With the verdict having been announced, Patrick returned to the assembly. Then, still in the presence of Patrick, Brigit performed a miracle after all by asking the new born baby who its father was. The baby spoke and answered that it was another man and not the bishop who was its father. The crowd was furious and demanded that the lying woman be burned at the stake but Brigit intervened and instead prescribed her penance in the manner of an anamchara. After the woman completed her penance the swelling went away and all were left unharmed.
News of Brigit’s ability above and beyond that of Patrick spread quickly and later that day Brigit was summoned by the slave of a local pagan to come and bless his house. Brigit refused to accept the man’s hospitality when she arrived and opted instead to fast in the hopes of him deciding to receive baptism. He said, “I have indeed declared that Patrick and his household would not baptize me. But for your sake, I will believe.”

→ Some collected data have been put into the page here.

-- ===== src/Schedules.antt =====
-- src/agent_learning_loop/failure_schedules.py and tool_metadata.py: the one injected failure of a
-- run, its validation, and what the three tools allow to be retried.
use agent_learning_loop.Base.{
  ℕ, ℤ, String, Bool, true, false, ◌&&◌, some, List, [], ◌∷◌, Dict, lookup, ◌==◌, Eq, string_eq,
  option_eq, leb, JsonValue, int, str, bool, obj, fields, ℤ, pos, Stdlib, canonical_sha256, ◌≡◌,
  ◌↔◌, arith,
}
use agent_learning_loop.Schemas.{
  ToolName, ErrorCategory, category_eq, category_text, tool_text, list_files, read_text, write_text,
}

pub data InjectionPhase : Type 0 where
  before_execution after_success : InjectionPhase

abbrev pub phase_beq : InjectionPhase → InjectionPhase → Bool
phase_beq before_execution before_execution = true
phase_beq after_success after_success = true
phase_beq _ _ = false

pub phase_beq_iff : (a b : InjectionPhase) → (phase_beq a b ≡ true) ↔ (a ≡ b)
phase_beq_iff a b = ground arith

instance abbrev pub phase_eq : Eq InjectionPhase
phase_eq = record { same = phase_beq; same_iff = phase_beq_iff }

abbrev pub phase_text : InjectionPhase → String
phase_text before_execution = "before_execution"
phase_text after_success = "after_success"

pub data FailureKind : Type 0 where
  transient logical_timeout result_lost : FailureKind

abbrev pub kind_text : FailureKind → String
kind_text transient = "transient"
kind_text logical_timeout = "logical_timeout"
kind_text result_lost = "result_lost"

pub record FailureRule : Type 0 where
  pub target_tool : ToolName
  pub occurrence : ℕ
  pub injection_phase : InjectionPhase
  pub failure_kind : FailureKind
  pub error_category : ErrorCategory
  pub retryable : Bool

abbrev expected_phase : FailureKind → InjectionPhase
expected_phase result_lost = after_success
expected_phase _ = before_execution

abbrev expected_category : FailureKind → ErrorCategory
expected_category logical_timeout = ErrorCategory.timeout
expected_category _ = ErrorCategory.tool_transient

-- the `Field` bound and `kind_matches_public_error`
unfoldable pub accepts_rule : FailureRule → Bool
accepts_rule r =
    leb 1 r.occurrence
    && r.injection_phase == expected_phase r.failure_kind
    && r.error_category == expected_category r.failure_kind
    && r.retryable

pub record FailureSchedule : Type 0 where
  pub schedule_id : String
  pub task_id : String
  pub seed : ℤ
  pub rule : FailureRule
  pub provenance : String

-- `rule.model_dump(mode="json")`
abbrev rule_json : FailureRule → JsonValue
rule_json r = obj (
    fields (
      ("target_tool", str (tool_text r.target_tool))
      ∷ ("occurrence", int (pos r.occurrence))
      ∷ ("injection_phase", str (phase_text r.injection_phase))
      ∷ ("failure_kind", str (kind_text r.failure_kind))
      ∷ ("error_category", str (category_text r.error_category))
      ∷ ("retryable", bool r.retryable)
      ∷ []))

-- `fingerprint_schedule`
unfoldable pub fingerprint_schedule : Stdlib → FailureSchedule → String
unfolding canonical_sha256
fingerprint_schedule lib s = canonical_sha256 lib (
    obj (
      fields (
        ("schema_version", str "1")
        ∷ ("schedule_id", str s.schedule_id)
        ∷ ("task_id", str s.task_id)
        ∷ ("seed", int s.seed)
        ∷ ("rule", rule_json s.rule)
        ∷ ("provenance", str s.provenance)
        ∷ [])))

-- `CANONICAL_SCHEDULE_FINGERPRINTS`
abbrev pub canonical_schedule_fingerprints : Dict String
canonical_schedule_fingerprints =
    (
      "workspace.logical-timeout.v1",
      "4b2ab244685d642c803d3fdb96e8a19d2a91aef78d7a74859c25c4210cce8d74",
    )
    ∷ (
      "workspace.lost-write-result.v1",
      "6720ea76647c9a8ec587852bd18f78919ae3d5ce0baf0d27c5637bf6d333f5ce",
    )
    ∷ (
      "workspace.transient-read.v1",
      "118f5616a9386885dcfaa3d0e94084866532aacb5177c2e76b008e3af10afc8c",
    )
    ∷ []

-- `validate_schedule_for_task`: `false` where it raises `FailureScheduleMismatchError`
unfoldable pub validate_schedule_for_task : Stdlib → FailureSchedule → String → Bool
unfolding fingerprint_schedule lookup
validate_schedule_for_task lib s task_id =
    lookup s.schedule_id canonical_schedule_fingerprints == some (fingerprint_schedule lib s)
    && s.task_id == task_id

-- `TOOL_METADATA[name]`
pub record ToolMetadata : Type 0 where
  pub name : ToolName
  pub side_effecting : Bool
  pub retryable_categories : List ErrorCategory

abbrev pub tool_metadata : ToolName → ToolMetadata
tool_metadata list_files = record {
  name = list_files;
  side_effecting = false;
  retryable_categories = ErrorCategory.tool_transient ∷ ErrorCategory.timeout ∷ [];
}
tool_metadata read_text = record {
  name = read_text;
  side_effecting = false;
  retryable_categories = ErrorCategory.tool_transient ∷ ErrorCategory.timeout ∷ [];
}
tool_metadata write_text = record {
  name = write_text;
  side_effecting = true;
  retryable_categories = ErrorCategory.tool_transient ∷ [];
}
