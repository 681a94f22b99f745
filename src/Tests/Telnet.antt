-- ===== src/Tests/Telnet.antt =====
-- What src/comm.c makes of a few bytes of a connection, and its theorems there.
use mudos_v22pre.Prelude.{ℕ, ◌+◌, ◌*◌, ◌<◌, ◌≡◌, refl, Bool, false, List, [], ◌∷◌, arith}
use mudos_v22pre.Telnet.State.{Answer, window_size, Interactive, ts_data, copy_chars}
use mudos_v22pre.Telnet.Suboptions.{window_request, window_size-received}
use mudos_v22pre.Telnet.Commands.{
  Input, max_text, text_end, make_space, append_bytes, take_commands,
}
use mudos_v22pre.Telnet.Lines.{typed, append_bytes-room, take_commands-typed}

abbrev user : Interactive
user = record {
  state = ts_data;
  sb_pos = 0;
  sb_buf = λ i. 0;
  single_char = false;
  using_telnet = false;
  out_of_band = false;
  trace = [];
}

abbrev quiet : Answer → Bool → Bool
quiet a b = b

abbrev input : Input
input = record { text_start = 0; text = []; ip = user }

-- A doubled IAC is a byte of text; a newline is three bytes.
some_text : (copy_chars quiet (104 ∷ 255 ∷ 255 ∷ 13 ∷ 10 ∷ []) user).1 ≡ 104 ∷ 255 ∷ 32 ∷ 8 ∷ 0 ∷ []
unfolding copy_chars
some_text = refl

-- A width of 73 is taken for 0.
width_73 : (copy_chars quiet (window_request 0 73 0 24) user).0.trace ≡ window_size 0 24 ∷ []
unfolding copy_chars
width_73 = refl

-- The byte behind IAC AYT is lost.
after_ayt : (copy_chars quiet (255 ∷ 246 ∷ 104 ∷ 105 ∷ []) user).1 ≡ 105 ∷ []
unfolding copy_chars
after_ayt = refl

window_size-received_example :
    let (ip', text) = copy_chars quiet (window_request 0 80 0 255) user in
    (ip'.trace ≡ window_size (0 * 256 + 80) (0 * 256 + 255) ∷ [])
    × (ip'.state ≡ ts_data)
    × (text ≡ [])
window_size-received_example = window_size-received quiet 0 80 0 255 user refl refl refl refl refl

append_bytes-room_example :
    text_end (append_bytes quiet (104 ∷ 10 ∷ []) (make_space input).0) < max_text
append_bytes-room_example =
    append_bytes-room quiet input (104 ∷ 10 ∷ []) (omega arith) (unfold make_space in omega arith)

abbrev lines : List (List ℕ)
lines = (115 ∷ 97 ∷ 121 ∷ []) ∷ [] ∷ (110 ∷ []) ∷ []

take_commands-typed_example : take_commands 4 (append_bytes quiet (typed lines) input) ≡ lines
take_commands-typed_example =
    take_commands-typed quiet lines input
      (
        (
          (refl, refl, refl, refl, refl),
          ((refl, refl, refl, refl, refl), ((refl, refl, refl, refl, refl), tt)),
        ),
        (tt, (((refl, refl, refl, refl, refl), tt), tt)),
      )
      refl refl refl
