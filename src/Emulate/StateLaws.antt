-- ===== src/Emulate/StateLaws.antt =====
-- What `esIsEqual` guarantees.
use dbrew.Prelude.{ℕ, zero, suc, ◌≡◌, true, Option, some, List, [], ◌∷◌, arith, get_elem?}
use dbrew.Emulate.Meta.{ms_is_static}
use dbrew.Emulate.State.{Cell, EmuState, normalize, cs_is_equal, cells_equal, es_is_equal}

cells_equal_sound :
    (p1 p2 : Option ℕ) (l1 l2 : List Cell) (i : ℕ) (c1 c2 : Cell)
    → cells_equal p1 l1 p2 l2 ≡ true
    → get_elem? l1 i ≡ some c1
    → get_elem? l2 i ≡ some c2
    → cs_is_equal p1 c1 p2 c2 ≡ true
unfolding cells_equal
cells_equal_sound p1 p2 [] l2 i c1 c2 h e1 e2 = absurd (ground arith)
cells_equal_sound p1 p2 (a ∷ l1) [] i c1 c2 h e1 e2 = absurd (ground arith)
cells_equal_sound p1 p2 (a ∷ l1) (b ∷ l2) zero c1 c2 h e1 e2 = ground arith
cells_equal_sound p1 p2 (a ∷ l1) (b ∷ l2) (suc i) c1 c2 h e1 e2 =
    cells_equal_sound p1 p2 l1 l2 i c1 c2 (ground arith) e1 e2

-- If `esIsEqual` finds two states equal, every register that is static in the first is static in
-- the second with the same value, and the return stacks have the same depth.
pub es_is_equal_sound :
    (a b : EmuState) (i : ℕ) (c1 c2 : Cell)
    → es_is_equal a b ≡ true
    → get_elem? a.regs i ≡ some c1
    → get_elem? b.regs i ≡ some c2
    → ms_is_static c1.state ≡ true
    → (ms_is_static c2.state ≡ true) × (c1.val ≡ c2.val) × (a.depth ≡ b.depth)
unfolding es_is_equal ms_is_static cs_is_equal normalize
es_is_equal_sound a b i c1 c2 h e1 e2 s =
    let r = cells_equal_sound a.parent b.parent a.regs b.regs i c1 c2 (ground arith) e1 e2 in
    ground (arith, r)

Despite being the illegitimate child of a slave, despite being a woman in a time and place where women could not be church leaders, and despite not having gone to seminary Brigit was still the most respected saint in Irish history (at least in this story). Her consecration ordained by God rather than by the church made it more legitimate, not less. The signs and dreams shown to pagans and Christians alike declared that she was both the virgin Mary mother of God and the Goddess of Spring and Poetry. She was a bridge between the two worlds.